What We Can Do To Prevent and Correct This problem
Whole books like "Breath" have been written on the subject, but let me keep this brief. You have taken the first step in that you now can recognize that most of us suffer from some level of poor facial development.
Some Preventive Measures
Eat a whole foods diet many months or years before starting a family. This ensures proper fetal development.
Address your own illnesses before starting a family.
Assume preterm babies to be at much greater risk for poor facial development.
Breastfeed for up to three years.
Introduce hard foods shortly after when babies wean.
Look for tongue ties. Your dentist and pediatrician can help.
Don’t use pacifiers.
Try to break finger and thumb-sucking habits.
Make sure your child keeps their lips closed and can place their tongue on their palate when not eating or speaking.
Make sure your child sleeps with their mouth closed.
Make sure your child does not snore. No amount of snoring is normal.
Watch for behavioral issues, night terrors, and bedwetting past potty training.
Watch for speech problems.
Cultivate the correct posture in your child.
Have a dentist identify jaw size issues and crowding as soon as teeth erupt. These problems will not self-correct!
Dentists can correct growth problems as early as possible. This is ideally before age eight! Don't wait until your child is in their teens to expand their arches! It can be done, but it is much better to do it early. They should not have to wait until they are older to breathe properly!!!
Some Corrective Measures
First and foremost, get the proper diagnosis. This may involve a few different specialists, including qualified dentists, physicians, orofacial myofunctional therapists, and more. A good resource is the American Academy of Physiological Medicine and Dentistry. I am a proud member. The members all speak the same language and, most importantly, work as a team. Once your team has identified your areas of concern, you will receive a proper treatment plan.

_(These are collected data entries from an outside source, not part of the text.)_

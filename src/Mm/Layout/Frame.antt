-- ===== src/Mm/Layout/Frame.antt =====
-- Which words of the heap a change of a free list leaves alone.
use computer_systems_project.Base.{
  ℕ, ◌+◌, ◌-◌, ◌%◌, ◌<◌, ◌≤◌, ◌≡◌, ◌≢◌, refl, sym, ap, ◌∙◌, ◌⊎◌, inl, inr, Bool, true, false, List,
  arith,
}
use computer_systems_project.Mm.{Memory, min_block_size, find_seg_list_class}
use computer_systems_project.Mm.Layout.{Block, end_of, Part, At}
use computer_systems_project.Mm.Layout.Blocks.{At-HoldsAt, At-Apart, At-within}
use computer_systems_project.Mm.Lists.{next_at, prev_at}

-- A word that is not in the links of the blocks `T`.
abbrev pub Untouched : Bool → (ℕ → Type 0) → ℕ → Type 0
Untouched both T x = (b : ℕ) → T b → (x ≢ next_at b) × (both ≡ true → x ≢ prev_at b)

-- A free block of a class.
pub record FreeAt (p : ℕ) (bs : List Block) (both : Bool) (c x : ℕ) : Type 0 where
  pub a : Block
  pub at : At p bs x a
  pub free : a.alloc ≡ false
  pub large : both ≡ true → min_block_size < a.size
  pub class : find_seg_list_class a.size ≡ c

-- A word inside an allocated block.
pub record UsedAt (p : ℕ) (bs : List Block) (y : ℕ) : Type 0 where
  pub x : ℕ
  pub a : Block
  pub at : At p bs x a
  pub used : a.alloc ≡ true
  pub behind : x < y
  pub before : y < x + a.size

module _ (mem : Memory) (p : ℕ) (pm pa : Bool) (bs : List Block) (start : p % 16 ≡ 8)
    (part : Part mem p pm pa bs) where
  known : (x : ℕ) (a : Block) → At p bs x a → (x % 16 ≡ 8) × (a.size % 16 ≡ 0) × (16 ≤ a.size)
  known x a at =
      let k = At-HoldsAt mem p pm pa bs x a start part at in
      (k.residue, k.holds.aligned, k.holds.least)

  module _ (both : Bool) (c b : ℕ) (f : FreeAt p bs both c b) where
    apart_header : (x : ℕ) (a : Block) → At p bs x a → x ≢ prev_at b ⊎ (both ≡ false)
    apart_header x a at =
        elim both as (λ t. (t ≡ true → min_block_size < f.a.size) → x ≢ prev_at b ⊎ (t ≡ false)) [
          | true ↦ λ large. inl (λ e. elim (At-Apart p bs x b a f.a at f.at) [
            | inl s ↦ omega (arith, s.0, e)
            | inr (inl s) ↦ omega (arith, s, e, known x a at)
            | inr (inr s) ↦ omega (arith, s, e, large refl)
          ])
          | false ↦ λ large. inr refl
        ]
          f.large

    pub header-Untouched :
        (x : ℕ) (a : Block) → At p bs x a → (x ≢ next_at b) × (both ≡ true → x ≢ prev_at b)
    header-Untouched x a at = (
      (λ e. omega (arith, known x a at, known b f.a f.at, e)),
      (λ t. elim (apart_header x a at) [ inl other ↦ other | inr small ↦ cc ]),
    )

    pub footer-Untouched :
        (x : ℕ) (a : Block)
        → At p bs x a
        → min_block_size < a.size
        → (x + a.size - 8 ≢ next_at b) × (both ≡ true → x + a.size - 8 ≢ prev_at b)
    footer-Untouched x a at large = (
      (λ e. elim (At-Apart p bs x b a f.a at f.at) [
        | inl s ↦ omega (arith, s.0, e, large, known x a at)
        | inr (inl s) ↦ omega (arith, s, e, large)
        | inr (inr s) ↦ omega (arith, s, e, large, known b f.a f.at)
      ]),
      (λ t e. omega (arith, e, large, known x a at, known b f.a f.at)),
    )

    pub used-Untouched : (y : ℕ) → UsedAt p bs y → (y ≢ next_at b) × (both ≡ true → y ≢ prev_at b)
    used-Untouched y u = (
      (λ e. elim (At-Apart p bs u.x b u.a f.a u.at f.at) [
        | inl s ↦
            let t : f.a.alloc ≡ true = ap (λ (t : Block). t.alloc) (sym s.1) ∙ u.used in cc (f.free)
        | inr (inl s) ↦ omega (arith, s, e, u.before)
        | inr (inr s) ↦ omega (arith, s, e, u.behind, known b f.a f.at)
      ]),
      (λ t e. elim (At-Apart p bs u.x b u.a f.a u.at f.at) [
        | inl s ↦
            let t : f.a.alloc ≡ true = ap (λ (t : Block). t.alloc) (sym s.1) ∙ u.used in cc (f.free)
        | inr (inl s) ↦ omega (arith, s, e, u.before)
        | inr (inr s) ↦ omega (arith, s, e, u.behind, f.large t)
      ]),
    )

    pub end-Untouched : (end_of p bs ≢ next_at b) × (both ≡ true → end_of p bs ≢ prev_at b)
    end-Untouched =
        let w = At-within p bs b f.a f.at in
        ((λ e. omega (arith, w.1, e, known b f.a f.at)), (λ t e. omega (arith, w.1, e, f.large t)))

    -- The links of a block of another class.
    pub links-Untouched :
        (both' : Bool) (k y : ℕ)
        → k ≢ c
        → FreeAt p bs both' k y
        → ((next_at y ≢ next_at b) × (both ≡ true → next_at y ≢ prev_at b))
          × (both' ≡ true → (prev_at y ≢ next_at b) × (both ≡ true → prev_at y ≢ prev_at b))
    links-Untouched both' k y other g = (
      (
        (λ e. differ (omega (arith, e))),
        (λ t e. omega (arith, e, known y g.a g.at, known b f.a f.at)),
      ),
      (λ s. (
        (λ e. omega (arith, e, known y g.a g.at, known b f.a f.at)),
        (λ t e. differ (omega (arith, e))),
      )),
    )
      where
        differ : y ≢ b
        differ e = elim (At-Apart p bs y b g.a f.a g.at f.at) [
          | inl s ↦
              other (sym g.class ∙ ap (λ (t : Block). find_seg_list_class t.size) s.1 ∙ f.class)
          | inr (inl s) ↦ omega (arith, s, e, known y g.a g.at)
          | inr (inr s) ↦ omega (arith, s, e, known b f.a f.at)
        ]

The treatments can vary and, as always, need tweaking and reassessment as things progress.
Treatment Can Include:
Allergy treatments.
ENT assessments and treatments like Tonsil and adenoid removal.

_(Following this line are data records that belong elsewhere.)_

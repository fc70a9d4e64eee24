-- ===== src/Mm/Classes.antt =====
-- The class of a size among the segregated lists.
use native.Mathlib.Nat.{pow-le-pow_right}
use computer_systems_project.Base.{
  ℕ, zero, suc, ◌+◌, ◌-◌, ◌*◌, ◌%◌, ◌^◌, ◌<◌, ◌≤◌, ◌≡◌, refl, sym, subst, false, ltb, leb, ◌==◌,
  Bool-cases, inl, inr, ◌⊎◌, arith, ℕ_discrete,
}
use computer_systems_project.Mm.{
  min_block_size, max_seg_list_length, class_loop, find_seg_list_class,
}

-- The loop stops at the first class whose limit is not below the size.
pub record Least (start size c : ℕ) : Type 0 where
  pub from : start ≤ c
  pub fits : size ≤ min_block_size * 2 ^ c
  pub before : (k : ℕ) → start ≤ k → k < c → min_block_size * 2 ^ k < size

-- The shift does not wrap up to class 59.
no_wrap : (c : ℕ) → c ≤ 59 → min_block_size * 2 ^ c % 2 ^ 64 ≡ min_block_size * 2 ^ c
no_wrap c le =
    let top : 2 ^ c ≤ 2 ^ 59 = pow-le-pow_right (omega arith) {j = 59} le in omega (arith, top)

class_loop-Least :
    (fuel c d size : ℕ)
    → c + d ≤ 59
    → d ≤ fuel
    → size ≤ min_block_size * 2 ^ (c + d)
    → Least c size (class_loop fuel c size)
unfolding class_loop
class_loop-Least zero c d size range le enough = record {
  from = omega arith;
  fits = subst (λ n. size ≤ min_block_size * 2 ^ n) (omega (arith, le)) enough;
  before = λ k a b. absurd (omega arith);
}
class_loop-Least (suc f) c d size range le enough =
    rw (no_wrap c (omega (arith, range))) (elim (Bool-cases (ltb (min_block_size * 2 ^ c) size)) [
      | inr stop ↦ rw stop (record {
        from = omega arith;
        fits = ground arith;
        before = λ k a b. absurd (omega arith);
      })
      | inl more ↦
          let further : 0 < d = not_here d enough (ground (arith, more)) in
          let e : c + d ≡ c + 1 + (d - 1) = omega (arith, further) in
          let l =
            class_loop-Least f (c + 1) (d - 1) size (omega (arith, range, further))
              (omega (arith, le)) (subst (λ n. size ≤ min_block_size * 2 ^ n) e enough) in
          rw more (record {
            from = omega (arith, l.from);
            fits = l.fits;
            before = λ k a b. elim (ℕ_discrete k c) [
              | yes same ↦ subst (λ n. min_block_size * 2 ^ n < size) (sym same) (ground arith)
              | no other ↦ l.before k (omega arith) b
            ];
          })
    ])
  where
    not_here : (d : ℕ) → size ≤ min_block_size * 2 ^ (c + d) → min_block_size * 2 ^ c < size → 0 < d
    not_here zero fits more =
        let same : c + 0 ≡ c = omega arith in
        let fits' = subst (λ n. size ≤ min_block_size * 2 ^ n) same fits in
        absurd (omega (arith, fits', more))
    not_here (suc d) fits more = omega arith

-- A block of at most 2 ^ 63 bytes goes to one of the 14 lists: to the last one or to one whose limit,
-- 16 times 2 to the class, it does not exceed; and it exceeds the limit of every list before.
pub find_seg_list_class-Least :
    (size : ℕ)
    → size ≤ 2 ^ 63
    → let c = find_seg_list_class size in
      (c < max_seg_list_length)
      × ((c ≡ max_seg_list_length - 1) ⊎ (size ≤ min_block_size * 2 ^ c))
      × ((k : ℕ) → k < c → min_block_size * 2 ^ k < size)
unfolding find_seg_list_class
find_seg_list_class-Least size small = elim (Bool-cases (leb size min_block_size)) [
  | inl tiny ↦ rw tiny (omega arith, inr (ground arith), λ k a. absurd (omega arith))
  | inr more ↦ elim (Bool-cases (ltb c max_seg_list_length)) [
    | inl in_range ↦ rw (more, in_range) (ground arith, inr l.fits, λ k a. before more k a)
    | inr out ↦ rw (more, out) (omega arith, inl refl, λ k a. before more k (ground arith))
  ]
]
  where
    c : ℕ
    c = class_loop 60 1 size

    l : Least 1 size c
    l = class_loop-Least 60 1 58 size (omega arith) (omega arith) (omega (arith, small))

    before : leb size min_block_size ≡ false → (k : ℕ) → k < c → min_block_size * 2 ^ k < size
    before large zero a = ground arith
    before large (suc k) a = l.before (suc k) (omega arith) a

class_loop-ge : (fuel c size : ℕ) → c ≤ class_loop fuel c size
unfolding class_loop
class_loop-ge zero c size = omega arith
class_loop-ge (suc f) c size = ground (arith, class_loop-ge f (c + 1) size)

pub class_range : (size : ℕ) → find_seg_list_class size < 14
unfolding find_seg_list_class
class_range size = ground arith

-- The first list has the blocks of 16 bytes.
pub class_first :
    (size : ℕ) → 16 ≤ size → (find_seg_list_class size == 0) ≡ (size == min_block_size)
unfolding find_seg_list_class
class_first size h = ground (arith, class_loop-ge 60 1 size)

-- Larger blocks are in no earlier list.
pub class_mono : (a b : ℕ) → a ≤ b → b < 2 ^ 63 → find_seg_list_class a ≤ find_seg_list_class b
class_mono a b le small =
    let la = find_seg_list_class-Least a (omega (arith, le, small)) in
    let lb = find_seg_list_class-Least b (omega (arith, small)) in
    elim (Bool-cases (leb (find_seg_list_class a) (find_seg_list_class b))) [
      | inl ok ↦ ground (arith, ok)
      | inr not_ok ↦
          let lt : find_seg_list_class b < find_seg_list_class a = ground (arith, not_ok) in
          absurd (elim lb.1 [
            | inl last ↦ omega (arith, last, la.0, lt)
            | inr fits ↦ omega (arith, fits, la.2 (find_seg_list_class b) lt, le)
          ])
    ]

Orofacial Myofunctional therapy- a kind of physical therapy to assess the coordination of your ability to swallow, speak, chew, breathe, and more.
Dental work to restore and replace teeth.
Orthodontics.
Oral surgery, including jaw repositioning.
Sleep Studies.
Oral appliances like expanders, grinding guards, and sleep apnea appliances.
CPAP devices.
Invisalign treatment.
Endocrinology treatments.
Dieticians and health coaches.
You can find more information in my posts:
THE DOMINO EFFECT OF SLEEP, FACIAL DEVELOPMENT, AND CHILDHOOD BEHAVIORAL PROBLEMS
HOW YOUR DENTIST CAN HELP YOU LOOK BETTER, SLEEP BETTER AND BE HEALTHIER
WHAT IS THE MALLAMPATI SCORE AND WHY KNOWING IT COULD HAVE A HUGE IMPACT ON YOUR HEALTH
WORKING OUT THE OROFACIAL COMPLEX: GUEST POST BY BRITTNY SCIARRA, RDH, COM®, QOM
Conclusion
As you can see, I am really more than just a dentist. I examine the craniofacial respiratory complex and relate my findings to the patient's overall health status. Once I have identified problems, I will most likely need the help of other healthcare practitioners for the best comprehensive treatment approach. But, as always, prevention is the best medicine.